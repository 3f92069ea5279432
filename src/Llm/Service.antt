-- ===== src/Llm/Service.antt =====
-- src/llm/llm.service.ts and the guard of src/llm/guards/free-quota.quard.ts: the key and the model
-- for a user, and the calls of the provider. The users and configurations are read from a database
-- that a call does not change; its state is the Redis store of the quota.
pub mod Keys
use pr_sentinel_backend.Base.{
  ℕ, String, List, Bool, true, false, Option, none, some, if◌then◌else◌, ltb,
}
use pr_sentinel_backend.Base.Text.{configured}
use pr_sentinel_backend.Errors.{internal_server_error, too_many_requests, Result, ok, err, ◌>>=◌}
use pr_sentinel_backend.Prisma.{Prisma}
use pr_sentinel_backend.Redis.{RedisClient}
use pr_sentinel_backend.Schema.{openrouter, LlmMode, free, byok}
use pr_sentinel_backend.Database.{Db}
use pr_sentinel_backend.Reviews.Generation.{LlmService, LlmMessage}
use pr_sentinel_backend.Llm.Encryption.{AesGcm}
use pr_sentinel_backend.Llm.Quota.{consume_free_review, get_remaining}
use pr_sentinel_backend.Llm.Config.{KeyAndModel, user_or_throw, get_decrypted_config}
use pr_sentinel_backend.Llm.Provider.{
  Completion, LlmReviewResponse, openrouter_chat, openrouter_review, get_provider,
}

-- What the service is configured with: its settings, its encryption key, the client and the limit.
pub record LlmSettings : Type 1 where
  pub cipher : AesGcm
  pub key : List cipher.Byte
  pub api_key : Option String
  pub default_model : Option String
  pub iso_date : ℕ → String
  pub limit : ℕ
  pub complete : (api_key model : String) → List LlmMessage → Result Completion

-- The content of a response.
abbrev pub content_of : Result LlmReviewResponse → Result String
content_of r = r >>= λ response. ok response.content

module _ ⦃p : Prisma⦄ ⦃r : RedisClient⦄ (c : LlmSettings) (now : ℕ) (db : Db) where
  -- The settings of the service for a free review, which is counted.
  unfoldable pub free_key_and_model : ℕ → r.Store → Result KeyAndModel × r.Store
  free_key_and_model user_id store =
      let missing : Result KeyAndModel × r.Store = (
        err (internal_server_error "OPENROUTER_API_KEY / OPENROUTER_DEFAULT_MODEL not configured"),
        store,
      ) in
      elim (configured c.api_key) [
        | none ↦ missing
        | some api_key ↦ elim (configured c.default_model) [
          | none ↦ missing
          | some model ↦
              let (counted, store') = consume_free_review c.iso_date c.limit user_id now store in
              (counted >>= λ u. ok (record { api_key = api_key; model = model }), store')
        ]
      ]

  -- `resolveKeyAndModel`
  unfoldable pub resolve_key_and_model : ℕ → r.Store → Result KeyAndModel × r.Store
  unfolding free_key_and_model
  resolve_key_and_model user_id store = elim (user_or_throw user_id db) [
    | err e ↦ (err e, store)
    | ok user ↦ elim user.llm_mode [
      | byok ↦ (get_decrypted_config c.cipher c.key user_id openrouter db, store)
      | free ↦ free_key_and_model user_id store
    ]
  ]

  -- `generateReview`, of whose response the caller reads the content.
  unfoldable pub generate_review :
      ℕ → (system_prompt user_prompt : String) → r.Store → Result String × r.Store
  unfolding resolve_key_and_model
  generate_review user_id system_prompt user_prompt store =
      let (resolved, store') = resolve_key_and_model user_id store in
      (
        (resolved >>= λ k. get_provider openrouter >>= λ provider. content_of (
            openrouter_review c.complete (record {
              api_key = k.api_key;
              model = k.model;
              system_prompt = system_prompt;
              user_prompt = user_prompt;
            }))),
        store',
      )

  -- `chat`
  unfoldable pub chat : ℕ → List LlmMessage → r.Store → Result String × r.Store
  unfolding resolve_key_and_model
  chat user_id messages store =
      let (resolved, store') = resolve_key_and_model user_id store in
      (
        (resolved >>= λ k. get_provider openrouter >>= λ provider. content_of (
            openrouter_chat c.complete
              (record { api_key = k.api_key; model = k.model; messages = messages }))),
        store',
      )

  -- The service, as the reviews use it.
  abbrev pub llm_service : LlmService
  llm_service = record { State = r.Store; generate_review = generate_review; chat = chat }

  -- `canActivate` of FreeQuotaGuard
  unfoldable pub can_activate : ℕ → r.Store → Result Bool
  can_activate user_id store = do
    user ← user_or_throw user_id db
    elim user.llm_mode [
      | byok ↦ ok true
      | free ↦
          if ltb 0 (get_remaining c.iso_date c.limit user_id now store)
          then ok true
          else err (too_many_requests "Free AI review limit reached for today")
    ]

--- --- ---

Check each line of the material above for the word "AesGcm", then state how many lines hold it. Only the number.

**WORKED SOLUTION**:
2